BEGIN

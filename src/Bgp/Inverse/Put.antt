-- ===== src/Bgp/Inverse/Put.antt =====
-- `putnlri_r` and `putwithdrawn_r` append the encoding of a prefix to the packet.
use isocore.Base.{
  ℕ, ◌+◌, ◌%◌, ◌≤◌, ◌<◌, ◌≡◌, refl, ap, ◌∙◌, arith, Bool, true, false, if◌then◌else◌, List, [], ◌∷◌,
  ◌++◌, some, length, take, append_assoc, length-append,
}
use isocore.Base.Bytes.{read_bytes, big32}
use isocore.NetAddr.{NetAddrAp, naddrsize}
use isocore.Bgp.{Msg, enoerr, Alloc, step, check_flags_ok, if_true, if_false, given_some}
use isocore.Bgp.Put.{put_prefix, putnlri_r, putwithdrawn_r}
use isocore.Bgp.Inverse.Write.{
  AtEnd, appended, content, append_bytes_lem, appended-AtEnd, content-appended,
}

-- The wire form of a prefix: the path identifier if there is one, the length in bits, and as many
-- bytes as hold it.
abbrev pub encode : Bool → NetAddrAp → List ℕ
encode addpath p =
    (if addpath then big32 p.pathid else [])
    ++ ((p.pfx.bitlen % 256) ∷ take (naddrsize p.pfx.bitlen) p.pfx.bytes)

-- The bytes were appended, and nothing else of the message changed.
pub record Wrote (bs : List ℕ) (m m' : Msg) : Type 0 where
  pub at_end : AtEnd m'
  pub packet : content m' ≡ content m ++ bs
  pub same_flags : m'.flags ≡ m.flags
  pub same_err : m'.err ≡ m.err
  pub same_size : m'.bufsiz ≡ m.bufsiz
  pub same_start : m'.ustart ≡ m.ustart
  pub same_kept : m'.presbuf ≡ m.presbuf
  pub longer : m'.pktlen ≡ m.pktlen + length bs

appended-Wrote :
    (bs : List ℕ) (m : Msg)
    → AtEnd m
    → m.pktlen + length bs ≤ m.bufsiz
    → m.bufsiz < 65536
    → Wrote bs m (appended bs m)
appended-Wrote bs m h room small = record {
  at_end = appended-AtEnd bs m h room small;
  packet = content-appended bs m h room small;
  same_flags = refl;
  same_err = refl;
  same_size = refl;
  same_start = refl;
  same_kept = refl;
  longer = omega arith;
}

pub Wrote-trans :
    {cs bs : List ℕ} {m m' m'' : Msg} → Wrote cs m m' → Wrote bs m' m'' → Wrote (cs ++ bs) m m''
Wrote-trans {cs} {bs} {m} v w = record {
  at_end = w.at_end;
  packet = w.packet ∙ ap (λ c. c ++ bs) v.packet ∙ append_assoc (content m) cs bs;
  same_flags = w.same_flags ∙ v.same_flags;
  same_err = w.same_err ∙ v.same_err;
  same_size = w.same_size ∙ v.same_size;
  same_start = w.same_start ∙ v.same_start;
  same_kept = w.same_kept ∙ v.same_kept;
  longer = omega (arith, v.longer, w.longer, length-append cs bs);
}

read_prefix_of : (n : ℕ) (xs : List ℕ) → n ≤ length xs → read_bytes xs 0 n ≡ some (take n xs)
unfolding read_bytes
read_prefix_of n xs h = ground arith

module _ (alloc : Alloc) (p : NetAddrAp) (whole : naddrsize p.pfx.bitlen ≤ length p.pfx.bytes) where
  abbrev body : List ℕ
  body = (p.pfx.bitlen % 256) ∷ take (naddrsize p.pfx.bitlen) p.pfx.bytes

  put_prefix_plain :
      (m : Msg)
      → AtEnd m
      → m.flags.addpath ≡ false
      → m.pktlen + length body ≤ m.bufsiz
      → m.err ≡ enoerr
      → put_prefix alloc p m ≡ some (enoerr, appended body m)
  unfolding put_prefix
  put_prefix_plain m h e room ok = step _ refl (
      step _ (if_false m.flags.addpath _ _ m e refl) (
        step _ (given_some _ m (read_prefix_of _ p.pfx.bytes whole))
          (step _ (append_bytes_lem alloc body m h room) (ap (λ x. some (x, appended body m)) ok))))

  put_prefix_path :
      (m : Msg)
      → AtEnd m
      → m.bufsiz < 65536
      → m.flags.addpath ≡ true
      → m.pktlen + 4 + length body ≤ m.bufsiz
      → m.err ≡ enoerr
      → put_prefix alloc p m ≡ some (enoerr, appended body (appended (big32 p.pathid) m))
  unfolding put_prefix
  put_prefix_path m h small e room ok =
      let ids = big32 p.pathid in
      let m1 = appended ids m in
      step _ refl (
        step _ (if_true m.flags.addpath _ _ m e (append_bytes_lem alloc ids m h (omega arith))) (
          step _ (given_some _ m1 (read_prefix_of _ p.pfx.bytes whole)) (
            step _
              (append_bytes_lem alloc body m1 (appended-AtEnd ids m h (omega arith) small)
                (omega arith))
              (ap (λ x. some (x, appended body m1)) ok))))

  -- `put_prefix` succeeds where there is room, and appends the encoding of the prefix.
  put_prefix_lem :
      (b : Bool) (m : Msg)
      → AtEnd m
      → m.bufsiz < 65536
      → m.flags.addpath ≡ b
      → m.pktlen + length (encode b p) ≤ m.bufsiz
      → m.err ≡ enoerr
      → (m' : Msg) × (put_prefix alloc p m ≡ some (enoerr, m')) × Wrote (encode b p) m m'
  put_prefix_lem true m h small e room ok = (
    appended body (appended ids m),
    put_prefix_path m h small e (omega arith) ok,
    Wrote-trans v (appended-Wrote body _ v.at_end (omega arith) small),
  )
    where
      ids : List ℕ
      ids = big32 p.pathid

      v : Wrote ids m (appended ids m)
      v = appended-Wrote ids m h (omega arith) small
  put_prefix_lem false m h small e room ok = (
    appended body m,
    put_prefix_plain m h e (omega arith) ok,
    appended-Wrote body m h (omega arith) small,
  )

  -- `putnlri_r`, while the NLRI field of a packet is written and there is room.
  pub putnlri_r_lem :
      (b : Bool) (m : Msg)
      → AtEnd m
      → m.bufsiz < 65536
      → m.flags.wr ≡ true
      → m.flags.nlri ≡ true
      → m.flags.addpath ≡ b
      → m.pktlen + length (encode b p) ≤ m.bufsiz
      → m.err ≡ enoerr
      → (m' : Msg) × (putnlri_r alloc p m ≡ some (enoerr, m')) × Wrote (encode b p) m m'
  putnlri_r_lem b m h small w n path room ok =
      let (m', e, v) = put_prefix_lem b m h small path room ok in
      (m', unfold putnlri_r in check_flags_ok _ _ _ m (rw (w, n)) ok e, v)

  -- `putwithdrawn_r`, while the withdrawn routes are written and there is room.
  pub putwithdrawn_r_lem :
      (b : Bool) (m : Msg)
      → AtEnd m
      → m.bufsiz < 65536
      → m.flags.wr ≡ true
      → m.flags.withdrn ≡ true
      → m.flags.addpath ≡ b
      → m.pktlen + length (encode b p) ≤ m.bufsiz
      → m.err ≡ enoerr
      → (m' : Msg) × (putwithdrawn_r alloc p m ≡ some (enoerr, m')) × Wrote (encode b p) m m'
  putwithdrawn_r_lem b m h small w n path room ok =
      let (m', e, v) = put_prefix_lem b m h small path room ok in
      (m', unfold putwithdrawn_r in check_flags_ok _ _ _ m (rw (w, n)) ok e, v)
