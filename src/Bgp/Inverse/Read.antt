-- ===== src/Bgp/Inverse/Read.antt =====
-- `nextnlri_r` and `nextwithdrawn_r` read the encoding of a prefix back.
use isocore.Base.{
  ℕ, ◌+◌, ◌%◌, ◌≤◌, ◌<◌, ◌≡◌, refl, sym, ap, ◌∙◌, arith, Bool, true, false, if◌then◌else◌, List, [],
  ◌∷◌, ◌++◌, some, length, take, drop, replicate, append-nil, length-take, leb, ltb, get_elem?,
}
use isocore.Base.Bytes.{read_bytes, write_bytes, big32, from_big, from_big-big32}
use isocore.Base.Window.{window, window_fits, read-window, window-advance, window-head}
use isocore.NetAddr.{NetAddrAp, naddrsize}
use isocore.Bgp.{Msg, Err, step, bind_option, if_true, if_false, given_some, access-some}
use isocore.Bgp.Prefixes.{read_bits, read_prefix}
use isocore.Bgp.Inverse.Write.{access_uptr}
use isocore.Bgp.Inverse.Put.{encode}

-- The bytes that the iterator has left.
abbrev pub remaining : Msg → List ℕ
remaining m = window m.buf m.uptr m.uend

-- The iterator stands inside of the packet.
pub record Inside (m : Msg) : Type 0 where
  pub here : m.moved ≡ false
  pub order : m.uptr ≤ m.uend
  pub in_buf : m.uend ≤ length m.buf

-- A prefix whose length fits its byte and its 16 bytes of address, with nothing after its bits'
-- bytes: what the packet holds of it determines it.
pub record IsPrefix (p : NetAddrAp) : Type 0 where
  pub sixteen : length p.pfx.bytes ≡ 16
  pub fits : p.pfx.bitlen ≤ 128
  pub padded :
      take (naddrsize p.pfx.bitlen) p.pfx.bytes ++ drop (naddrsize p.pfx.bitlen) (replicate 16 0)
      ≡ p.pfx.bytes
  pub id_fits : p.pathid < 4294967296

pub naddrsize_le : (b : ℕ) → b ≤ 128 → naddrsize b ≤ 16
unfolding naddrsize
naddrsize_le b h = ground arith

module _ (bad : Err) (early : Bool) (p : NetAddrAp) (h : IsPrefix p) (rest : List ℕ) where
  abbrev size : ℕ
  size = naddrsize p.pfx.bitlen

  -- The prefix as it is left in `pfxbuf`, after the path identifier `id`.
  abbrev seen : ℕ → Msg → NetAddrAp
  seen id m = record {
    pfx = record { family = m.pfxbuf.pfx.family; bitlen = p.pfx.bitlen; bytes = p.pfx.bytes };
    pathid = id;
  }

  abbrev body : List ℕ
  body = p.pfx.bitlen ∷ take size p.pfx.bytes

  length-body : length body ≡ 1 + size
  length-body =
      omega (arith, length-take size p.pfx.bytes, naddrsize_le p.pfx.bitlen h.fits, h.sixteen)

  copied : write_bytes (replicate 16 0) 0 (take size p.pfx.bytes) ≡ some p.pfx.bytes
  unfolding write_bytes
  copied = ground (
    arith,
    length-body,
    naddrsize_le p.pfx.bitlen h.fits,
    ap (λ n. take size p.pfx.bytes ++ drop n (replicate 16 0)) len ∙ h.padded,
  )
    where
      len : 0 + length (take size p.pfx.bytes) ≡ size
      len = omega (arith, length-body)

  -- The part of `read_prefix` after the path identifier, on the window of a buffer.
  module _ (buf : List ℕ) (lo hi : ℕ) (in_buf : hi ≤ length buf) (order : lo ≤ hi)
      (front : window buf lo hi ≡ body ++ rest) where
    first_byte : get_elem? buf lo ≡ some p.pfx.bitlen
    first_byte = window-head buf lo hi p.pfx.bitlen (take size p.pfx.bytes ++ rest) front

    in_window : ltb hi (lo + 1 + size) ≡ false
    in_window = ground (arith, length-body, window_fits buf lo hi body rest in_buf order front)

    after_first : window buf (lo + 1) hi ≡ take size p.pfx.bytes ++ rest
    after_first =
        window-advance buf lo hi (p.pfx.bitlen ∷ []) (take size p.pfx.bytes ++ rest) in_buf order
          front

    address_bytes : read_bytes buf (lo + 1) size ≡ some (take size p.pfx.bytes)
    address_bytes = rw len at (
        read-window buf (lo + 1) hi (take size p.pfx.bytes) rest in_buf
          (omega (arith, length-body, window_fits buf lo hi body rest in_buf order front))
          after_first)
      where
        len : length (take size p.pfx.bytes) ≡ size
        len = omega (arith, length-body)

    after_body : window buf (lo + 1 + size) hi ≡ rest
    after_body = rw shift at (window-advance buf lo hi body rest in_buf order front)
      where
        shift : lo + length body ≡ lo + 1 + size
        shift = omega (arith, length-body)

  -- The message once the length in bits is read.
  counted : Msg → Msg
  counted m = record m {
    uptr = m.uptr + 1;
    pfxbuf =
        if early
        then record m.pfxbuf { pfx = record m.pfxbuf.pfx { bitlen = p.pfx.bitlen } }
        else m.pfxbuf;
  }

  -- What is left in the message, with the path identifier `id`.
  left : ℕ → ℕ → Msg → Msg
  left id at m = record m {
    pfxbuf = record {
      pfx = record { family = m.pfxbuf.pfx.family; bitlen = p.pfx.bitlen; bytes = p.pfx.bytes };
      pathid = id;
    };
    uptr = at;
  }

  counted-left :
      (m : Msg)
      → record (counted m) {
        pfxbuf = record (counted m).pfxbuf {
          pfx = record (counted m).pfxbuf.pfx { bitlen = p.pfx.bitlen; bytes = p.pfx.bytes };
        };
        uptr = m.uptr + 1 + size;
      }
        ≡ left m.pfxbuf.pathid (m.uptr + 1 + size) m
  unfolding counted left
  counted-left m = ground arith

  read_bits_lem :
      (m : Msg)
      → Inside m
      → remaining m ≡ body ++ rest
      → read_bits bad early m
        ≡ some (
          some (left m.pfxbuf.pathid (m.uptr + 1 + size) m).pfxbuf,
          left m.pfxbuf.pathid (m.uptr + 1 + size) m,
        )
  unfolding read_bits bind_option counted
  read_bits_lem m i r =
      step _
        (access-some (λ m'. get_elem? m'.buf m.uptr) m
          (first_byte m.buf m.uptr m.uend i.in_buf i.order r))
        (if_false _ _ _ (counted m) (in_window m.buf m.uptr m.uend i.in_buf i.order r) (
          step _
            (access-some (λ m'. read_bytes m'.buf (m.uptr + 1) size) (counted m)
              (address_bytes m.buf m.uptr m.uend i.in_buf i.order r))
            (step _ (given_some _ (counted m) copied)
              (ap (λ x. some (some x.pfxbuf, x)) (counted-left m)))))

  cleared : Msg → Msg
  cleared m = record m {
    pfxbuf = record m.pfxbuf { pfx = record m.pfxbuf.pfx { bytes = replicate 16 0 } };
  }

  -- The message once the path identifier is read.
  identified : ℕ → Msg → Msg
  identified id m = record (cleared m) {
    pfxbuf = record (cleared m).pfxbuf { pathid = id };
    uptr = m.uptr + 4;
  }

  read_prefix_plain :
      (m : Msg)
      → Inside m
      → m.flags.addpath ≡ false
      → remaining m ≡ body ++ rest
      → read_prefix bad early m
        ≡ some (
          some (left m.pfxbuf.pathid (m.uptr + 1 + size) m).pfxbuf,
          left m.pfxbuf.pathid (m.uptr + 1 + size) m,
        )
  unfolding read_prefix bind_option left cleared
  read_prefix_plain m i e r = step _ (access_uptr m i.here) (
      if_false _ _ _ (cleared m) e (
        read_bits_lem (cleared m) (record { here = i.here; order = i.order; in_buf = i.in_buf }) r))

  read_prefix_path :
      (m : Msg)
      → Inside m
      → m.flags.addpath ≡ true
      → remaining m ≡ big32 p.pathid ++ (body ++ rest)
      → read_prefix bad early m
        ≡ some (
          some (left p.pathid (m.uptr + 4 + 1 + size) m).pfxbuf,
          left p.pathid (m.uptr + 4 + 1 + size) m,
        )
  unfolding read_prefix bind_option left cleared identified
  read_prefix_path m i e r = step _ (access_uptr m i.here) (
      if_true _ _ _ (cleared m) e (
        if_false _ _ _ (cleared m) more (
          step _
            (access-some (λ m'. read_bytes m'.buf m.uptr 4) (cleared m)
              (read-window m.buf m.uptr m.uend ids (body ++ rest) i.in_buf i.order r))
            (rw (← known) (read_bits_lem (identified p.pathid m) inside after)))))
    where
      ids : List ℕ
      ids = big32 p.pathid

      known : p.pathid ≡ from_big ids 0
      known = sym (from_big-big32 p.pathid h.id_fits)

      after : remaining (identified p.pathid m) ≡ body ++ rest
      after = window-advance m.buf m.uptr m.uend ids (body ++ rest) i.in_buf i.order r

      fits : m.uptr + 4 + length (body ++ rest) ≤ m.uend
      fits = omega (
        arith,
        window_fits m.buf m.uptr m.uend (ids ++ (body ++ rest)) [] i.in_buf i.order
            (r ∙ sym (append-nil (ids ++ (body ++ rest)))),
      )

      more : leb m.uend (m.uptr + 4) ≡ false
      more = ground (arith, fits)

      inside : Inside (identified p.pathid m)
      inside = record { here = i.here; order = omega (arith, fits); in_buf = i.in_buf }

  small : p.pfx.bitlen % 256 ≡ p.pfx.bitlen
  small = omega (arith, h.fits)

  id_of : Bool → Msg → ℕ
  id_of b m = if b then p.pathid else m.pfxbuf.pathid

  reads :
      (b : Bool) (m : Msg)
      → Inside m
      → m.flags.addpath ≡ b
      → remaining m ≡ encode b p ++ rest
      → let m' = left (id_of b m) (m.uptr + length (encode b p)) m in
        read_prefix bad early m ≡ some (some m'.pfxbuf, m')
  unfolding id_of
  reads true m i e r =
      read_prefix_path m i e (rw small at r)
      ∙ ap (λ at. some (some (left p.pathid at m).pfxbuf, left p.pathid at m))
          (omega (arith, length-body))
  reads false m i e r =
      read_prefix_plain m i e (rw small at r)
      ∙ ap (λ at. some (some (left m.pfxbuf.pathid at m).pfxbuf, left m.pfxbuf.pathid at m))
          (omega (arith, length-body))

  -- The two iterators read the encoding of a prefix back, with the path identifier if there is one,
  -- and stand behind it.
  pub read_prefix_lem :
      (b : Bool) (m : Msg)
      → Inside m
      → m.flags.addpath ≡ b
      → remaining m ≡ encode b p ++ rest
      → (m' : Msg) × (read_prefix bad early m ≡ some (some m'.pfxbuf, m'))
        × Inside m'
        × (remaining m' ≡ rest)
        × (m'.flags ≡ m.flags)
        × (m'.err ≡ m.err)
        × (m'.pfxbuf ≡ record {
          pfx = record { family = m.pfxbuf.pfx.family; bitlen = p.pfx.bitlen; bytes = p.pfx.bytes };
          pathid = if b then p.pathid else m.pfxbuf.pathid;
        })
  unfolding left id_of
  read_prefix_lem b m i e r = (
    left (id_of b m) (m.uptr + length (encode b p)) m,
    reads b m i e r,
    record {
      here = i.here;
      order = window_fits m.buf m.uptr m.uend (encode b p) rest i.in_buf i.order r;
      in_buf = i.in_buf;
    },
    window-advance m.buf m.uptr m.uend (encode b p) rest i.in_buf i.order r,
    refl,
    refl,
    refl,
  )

END

What is required |
Given the records above, restate word for word only the lines starting at the one with "(enoerr, appended body m)" and ending at the one with "step _ (given_some _ m (read_prefix_of".

Answer space |
      → put_prefix alloc p m ≡ some (enoerr, appended body m)
  unfolding put_prefix
  put_prefix_plain m h e room ok = step _ refl (
      step _ (if_false m.flags.addpath _ _ m e refl) (
        step _ (given_some _ m (read_prefix_of _ p.pfx.bytes whole))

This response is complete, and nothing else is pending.